В Лангедоке есть барон прославленный.
Имя носит средь людей он первое.
Знают все, он славен виночерпием
всех превыше лангедокских жителей.
 
   — Эйа! Эйа! — подхватывал пьяный хор.
   Багровый, плюющийся, рычащий от страсти, всегда распаленный, как жирный кабан, барон Теодульф, похотливый мерзкий еретик, распахнув камзол, пыхтя, неистово лез в гору.
   С тем же неистовством, что и горных коз, он везде преследовал кабанов, оленей и женщин.
   Он лапал служанок и экономок, он сжигал чужие деревни, оскорблял священнослужителей, грабил святые монастыри.
   Он покушался даже на папских легатов и самовольно сжигал живых людей.
 
Пить он любит, не смущаясь временем.
Дня и ночи ни одной не минется,
чтоб, упившись влагой, не качался он,
будто древо, ветрами колеблемо.
 
   — Эйа! Эйа!
   Барон Теодульф, мерзостный богохульник, жестоко наказан.
   Его замок сожжен. Его челядь уведена. Он в аду сейчас. Под его грешными стопами сейчас адская долина, вся покрытая пылающими угольями и серным огнем — зловещим, зеленым, извилистым, а над его богомерзкой головой сейчас небо из раскаленного железа, толщиной в шесть локтей. Черти, визжа и радуясь, поджаривают богохульника черного барона Теодульфа на огромной до бела раскаленной сковороде. От пышущей ужасным жаром сковороды разит чесноком и нечистым жиром. Единственный глаз барона Теодульфа выпучен от мук. Барон расстроен и удручен.
   — Эйа! Эйа!
   Мысли Ганелона путались.
   Человек, которого он всю жизнь считал своим отцом, был жестоко сожжен в деревне Сент-Мени человеком, которого он всю жизнь ненавидел как самого мерзкого, как самого закоренелого богохульника.
   Но жизнь Ганелону дал именно богохульник.
   На полном скаку Ганелон обернулся к горам.
   Далеко, над зеленью горного склона, расплывалось плоское серое облако дыма, похожее на старую растоптанную шляпу.
   Это горел замок Процинта.
   Злобно палило Солнце. Шлейфом расстилалась над дорогой пыль. Топот копыт отдавался в ушах вместе с каким-то странным звоном.
   Господь испытывает меня.
   Но зачем мои страдания так жестоки?
   С вершины холма Ганелон еще раз обернулся.

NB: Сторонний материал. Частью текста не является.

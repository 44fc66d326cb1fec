-- ===== src/MessageQueue/Counting/Sections.antt =====
-- What the critical sections of Lab23/main.c do to a queue that stands for a chain of messages.
use os_posix.Prelude.{
  ℕ, ◌≡◌, ◌≢◌, refl, ap, ◌∙◌, false, Option, some, [], ◌∷◌, ◌++◌, arith, ◌==◌, if◌then◌else◌, take,
}
use os_posix.MessageQueue.Cells.{
  Ptr, null, Text, Message, message, Heap, write, load, Cells, first, final, Links, Distinct,
}
use os_posix.MessageQueue.Cells.Chain.{
  IsFresh, IsFresh-has, Links-last, Links-unlink, Distinct-init, final-append, first-ne-last,
  Distinct-last, has-ne, has-final,
}
use os_posix.MessageQueue.Broadcast.{width}
use os_posix.MessageQueue.Broadcast.Chains.{link-Links}
use os_posix.MessageQueue.Counting.{Queue, put_section, unlink, get_section}

-- `head` and `tail` are the ends of the chain `cs`.
pub record HoldsChain (q : Queue) (cs : Cells) : Type 0 where
  pub head : q.head ≡ first cs null
  pub tail : q.tail ≡ final null cs
  pub links : Links q.heap null cs null
  pub distinct : Distinct cs

pub put_tail :
    (f : Ptr) (q : Queue) (cs : Cells)
    → HoldsChain q cs
    → (if q.head == null then f else q.tail) ≡ final f cs
put_tail f q [] v = ground (arith, v.head)
put_tail f q (c ∷ cs) v = ground (arith, v.head, v.tail, v.distinct)

pub nonnull : {f : Ptr} → f ≢ null → (f == null) ≡ false
nonnull n = ground arith

-- With a fresh address the put does not fault, and adds the text, cut at 80 bytes, at the head.
pub put_section-HoldsChain :
    (f : Ptr) (t : Text) (q : Queue) (cs : Cells)
    → IsFresh q.heap f
    → HoldsChain q cs
    → (q' : Queue) × (put_section f t q ≡ some q')
      × HoldsChain q' ((f, take width t) ∷ cs)
      × (q'.is_droped ≡ q.is_droped)
unfolding put_section
put_section-HoldsChain f t q cs n v =
    let (h, e, l) = link-Links q.heap f (take width t) cs n v.distinct v.links in
    (
      record q { heap = h; head = f; tail = if q.head == null then f else q.tail },
      simp (v.head, e),
      record {
        head = refl;
        tail = put_tail f q cs v;
        links = l;
        distinct = (nonnull n.0, IsFresh-has q.heap f null cs null n v.links, v.distinct);
      },
      refl,
    )

unlink_run :
    (q : Queue) (res m : Message)
    → (q.head == q.tail) ≡ false
    → load q.heap q.tail ≡ some res
    → load q.heap res.prev ≡ some m
    → unlink q
      ≡ some (record q {
        heap = write q.heap res.prev (some (record m { next = null }));
        tail = res.prev;
      })
unfolding unlink
unlink_run q res m many at_tail at_prev = rw (many, at_tail, at_prev)

get_section_run :
    (n : ℕ) (q q' : Queue) (res : Message)
    → unlink q ≡ some q'
    → load q'.heap q.tail ≡ some res
    → get_section n q ≡ some (q', take n res.text)
unfolding get_section
get_section_run n q q' res run at_tail = simp (run, at_tail)

load-write_ne :
    (h : Heap) (p q : Ptr) (c : Option Message) → (q == p) ≡ false → load (write h p c) q ≡ load h q
load-write_ne h p q c ne = rw ne

-- From a chain that is not empty the oldest message is unlinked, and can still be read.
pub unlink-HoldsChain :
    (q : Queue) (xs : Cells) (p : Ptr) (t : Text)
    → HoldsChain q (xs ++ (p, t) ∷ [])
    → (q' : Queue) × (m : Message) × (unlink q ≡ some q')
      × (load q'.heap q.tail ≡ some m)
      × (m.text ≡ t)
      × HoldsChain q' xs
      × (q'.is_droped ≡ q.is_droped)
unlink-HoldsChain q [] p t v = (
  record q { head = null; tail = null },
  message t null null,
  unfold unlink in ground (arith, v.head, v.tail),
  ground (arith, v.tail, v.links, v.distinct),
  refl,
  record { head = refl; tail = refl; links = tt; distinct = tt },
  refl,
)
unlink-HoldsChain q ((r, u) ∷ xs) p t v =
    let (m, e, l) = Links-unlink q.heap null r u xs p t v.distinct v.links in
    let (nn, out) = Distinct-last ((r, u) ∷ xs) p t v.distinct in
    let at_p : q.tail ≡ p = v.tail ∙ final-append r xs p t in
    let many : (q.head == q.tail) ≡ false =
      rw (v.head, at_p) (first-ne-last (r, u) xs p t null v.distinct) in
    let at_tail : load q.heap q.tail ≡ some (message t null (final r xs)) =
      rw (at_p, nn) (Links-last q.heap null ((r, u) ∷ xs) p t null v.links) in
    let apart : (q.tail == final r xs) ≡ false =
      rw at_p (has-ne p (final r xs) ((r, u) ∷ xs) out (has-final r u null xs)) in
    let q' : Queue = record q {
      heap = write q.heap (final r xs) (some (record m { next = null }));
      tail = final r xs;
    } in
    (
      q',
      message t null (final r xs),
      unlink_run q (message t null (final r xs)) m many at_tail e,
      load-write_ne q.heap (final r xs) q.tail _ apart ∙ at_tail,
      refl,
      record {
        head = v.head;
        tail = refl;
        links = l;
        distinct = Distinct-init ((r, u) ∷ xs) ((p, t) ∷ []) v.distinct;
      },
      refl,
    )

-- The get does not fault on a chain that is not empty: it takes the oldest message.
pub get_section-HoldsChain :
    (n : ℕ) (q : Queue) (xs : Cells) (p : Ptr) (t : Text)
    → HoldsChain q (xs ++ (p, t) ∷ [])
    → (q' : Queue) × (get_section n q ≡ some (q', take n t))
      × HoldsChain q' xs
      × (q'.is_droped ≡ q.is_droped)
get_section-HoldsChain n q xs p t v =
    let (q', m, run, at, same, holds, kept) = unlink-HoldsChain q xs p t v in
    (q', get_section_run n q q' m run at ∙ ap (λ x. some (q', take n x)) same, holds, kept)
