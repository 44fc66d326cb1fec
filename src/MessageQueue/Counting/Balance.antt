-- ===== src/MessageQueue/Counting/Balance.antt =====
-- The semaphores of Lab23/main.c beside the messages in the queue.
use os_posix.Prelude.{
  ℕ, suc, ◌+◌, ◌≤◌, ◌≡◌, refl, sym, ap, ◌∙◌, false, Option, some, [], ◌∷◌, ◌++◌, arith, take,
  length, length-append,
}
use mathlib.Core.Path.{subst}
use os_posix.MessageQueue.Cells.{Ptr, Text, Heap, Cells}
use os_posix.MessageQueue.Cells.Chain.{IsFresh}
use os_posix.MessageQueue.Spec.Split.{unsnoc}
use os_posix.MessageQueue.Broadcast.{width}
use os_posix.MessageQueue.Counting.{
  Queue, places, mymsginit, put_section, get_section, System, start, Step, put_wait, put_refused,
  put, put_post, get_wait, get_refused, get, get_post, drop, Reachable, begins, steps,
}
use os_posix.MessageQueue.Counting.Sections.{
  HoldsChain, put_section-HoldsChain, get_section-HoldsChain,
}

-- While the queue is not dropped, each message is counted by `isFull`, about to be, or claimed by
-- a get; and each free place by `isEmpty`, about to be, or claimed by a put.
pub record Counts (s : System) (size : ℕ) : Type 0 where
  pub messages : s.full + s.getting + s.posting_full ≡ size
  pub free : s.empty + s.putting + s.posting_empty + size ≡ places

pub record IsCounted (s : System) (cs : Cells) : Type 0 where
  pub holds : HoldsChain s.queue cs
  pub counts : s.queue.is_droped ≡ false → Counts s (length cs)

pub same_some : {A : Type 0} {o : Option A} {a b : A} → o ≡ some a → o ≡ some b → a ≡ b
same_some p q = ground (arith, p, q)

-- A chain that a get has claimed a message of is not empty.
claimed :
    (s : System) (cs : Cells) (n : ℕ)
    → Counts s (length cs)
    → s.getting ≡ suc n
    → (xs : Cells) × (p : Ptr) × (t : Text) × (cs ≡ xs ++ (p, t) ∷ [])
claimed s [] n v e = absurd (omega (arith, v.messages))
claimed s ((p, t) ∷ cs) n v e = let (xs, r, u, same, rest) = unsnoc p t cs in (xs, r, u, same)

put-IsCounted :
    (s : System) (cs : Cells) (n : ℕ) (f : Ptr) (msg : Text) (q : Queue)
    → IsCounted s cs
    → s.putting ≡ suc n
    → s.queue.is_droped ≡ false
    → IsFresh s.queue.heap f
    → put_section f msg s.queue ≡ some q
    → IsCounted
        (record s { queue = q; putting = n; posting_full = s.posting_full + 1 })
        ((f, take width msg) ∷ cs)
put-IsCounted s cs n f msg q v e d fresh run =
    let (q', run', holds, kept) = put_section-HoldsChain f msg s.queue cs fresh v.holds in
    let c = v.counts d in
    record {
      holds = subst (λ x. HoldsChain x ((f, take width msg) ∷ cs)) (same_some run' run) holds;
      counts = λ d'. record { messages = omega (arith, c.messages); free = omega (arith, c.free) };
    }

get-IsCounted :
    (s : System) (cs : Cells) (n size : ℕ) (q : Queue) (t : Text)
    → IsCounted s cs
    → s.getting ≡ suc n
    → s.queue.is_droped ≡ false
    → get_section size s.queue ≡ some (q, t)
    → (xs : Cells) × IsCounted
        (record s { queue = q; getting = n; posting_empty = s.posting_empty + 1 })
        xs
get-IsCounted s cs n size q t v e d run =
    let c = v.counts d in
    let (xs, p, u, split) = claimed s cs n c e in
    let (q', run', holds, kept) =
      get_section-HoldsChain size s.queue xs p u (subst (HoldsChain s.queue) split v.holds) in
    let counted = ap length split ∙ length-append xs ((p, u) ∷ []) in
    (
      xs,
      record {
        holds = subst (λ x. HoldsChain x xs) (ap (λ r. r.0) (same_some run' run)) holds;
        counts = λ d'. record {
          messages = omega (arith, c.messages, counted);
          free = omega (arith, c.free, counted);
        };
      },
    )

-- A step of the semaphores alone.
recount :
    (s s' : System) (cs : Cells)
    → IsCounted s cs
    → s'.queue ≡ s.queue
    → (s.queue.is_droped ≡ false → Counts s (length cs) → Counts s' (length cs))
    → IsCounted s' cs
recount s s' cs v same c = record {
  holds = subst (λ q. HoldsChain q cs) (sym same) v.holds;
  counts = λ d.
      let d' : s.queue.is_droped ≡ false = ap (λ q. q.is_droped) (sym same) ∙ d in
      c d' (v.counts d');
}

step-IsCounted :
    (s s' : System) (cs : Cells) → IsCounted s cs → Step s s' → (cs' : Cells) × IsCounted s' cs'
step-IsCounted s s' cs v (put_wait n e) = (
  cs,
  recount s s' cs v refl (λ d c. record { messages = c.messages; free = omega (arith, c.free) }),
)
step-IsCounted s s' cs v (put_refused n e d) = (cs, recount s s' cs v refl (λ d' c. absurd (cc)))
step-IsCounted s s' cs v (put n f msg q e d fresh run) =
    ((f, take width msg) ∷ cs, put-IsCounted s cs n f msg q v e d fresh run)
step-IsCounted s s' cs v (put_post n e) = (
  cs,
  recount s s' cs v refl (λ d c. record { messages = omega (arith, c.messages); free = c.free }),
)
step-IsCounted s s' cs v (get_wait n e) = (
  cs,
  recount s s' cs v refl (λ d c. record { messages = omega (arith, c.messages); free = c.free }),
)
step-IsCounted s s' cs v (get_refused n e d) = (cs, recount s s' cs v refl (λ d' c. absurd (cc)))
step-IsCounted s s' cs v (get n size q t e d run) = get-IsCounted s cs n size q t v e d run
step-IsCounted s s' cs v (get_post n e) = (
  cs,
  recount s s' cs v refl (λ d c. record { messages = c.messages; free = omega (arith, c.free) }),
)
step-IsCounted s s' cs v drop = (
  cs,
  record {
    holds = record {
      head = v.holds.head;
      tail = v.holds.tail;
      links = v.holds.links;
      distinct = v.holds.distinct;
    };
    counts = λ d. absurd (cc);
  },
)

start-IsCounted : (h : Heap) → IsCounted (start h) []
unfolding mymsginit
start-IsCounted h = record {
  holds = record { head = refl; tail = refl; links = tt; distinct = tt };
  counts = λ d. record { messages = refl; free = refl };
}

pub Reachable-IsCounted : (h : Heap) (s : System) → Reachable h s → (cs : Cells) × IsCounted s cs
Reachable-IsCounted h s begins = ([], start-IsCounted h)
Reachable-IsCounted h s (steps {s = r} before t) =
    let (cs, v) = Reachable-IsCounted h r before in step-IsCounted r s cs v t

-- In every state that the calls of Lab23 reach the queue is a chain of messages. While it is not
-- dropped there are at most ten of them, no more than that are counted by `isFull`, and neither a
-- get that claimed one nor a put with a fresh address faults.
pub calls_never_fault :
    (h : Heap) (s : System)
    → Reachable h s
    → (cs : Cells) × HoldsChain s.queue cs
      × (s.queue.is_droped ≡ false
          → (length cs ≤ places)
            × (s.full ≤ length cs)
            × ((n size : ℕ)
                → s.getting ≡ suc n
                → (q : Queue) × (t : Text) × (get_section size s.queue ≡ some (q, t)))
            × ((f : Ptr) (msg : Text)
                → IsFresh s.queue.heap f
                → (q : Queue) × (put_section f msg s.queue ≡ some q)))
calls_never_fault h s r =
    let (cs, v) = Reachable-IsCounted h s r in
    (
      cs,
      v.holds,
      λ d.
          let c = v.counts d in
          (
            omega (arith, c.free),
            omega (arith, c.messages),
            λ n size e.
                let (xs, p, u, split) = claimed s cs n c e in
                let (q', run, holds, kept) =
                  get_section-HoldsChain size s.queue xs p u
                    (subst (HoldsChain s.queue) split v.holds) in
                (q', take size u, run),
            λ f msg fresh.
                let (q', run, holds, kept) =
                  put_section-HoldsChain f msg s.queue cs fresh v.holds in
                (q', run),
          ),
    )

   Издали плоское серое, как старая растоптанная шляпа, облако дыма над замком Процинта казалось неподвижным.
   Гнездо еретика.
   Мерзкое гнилое гнездо.
   Но там по краям зеленых полян стеной поднимаются старые дубы, вдруг вспомнил Ганелон. Там сплошной стеной поднимаются старые бархатные дубы, такие огромные, что тени от них распространяются по поляне даже в самое светлое время суток.
   Там буки и каштаны под белыми известняковыми скалами, вспомнил Ганелон. Там многие пруды, темные и ровные, как венецианское стекло. Там гладкие бесшумные водопады, питающие замок чистой проточной водой. Там ромашки, почему-то чаще желтые, чем белые.
   И там старая Хильдегунда, которая была добра ко мне.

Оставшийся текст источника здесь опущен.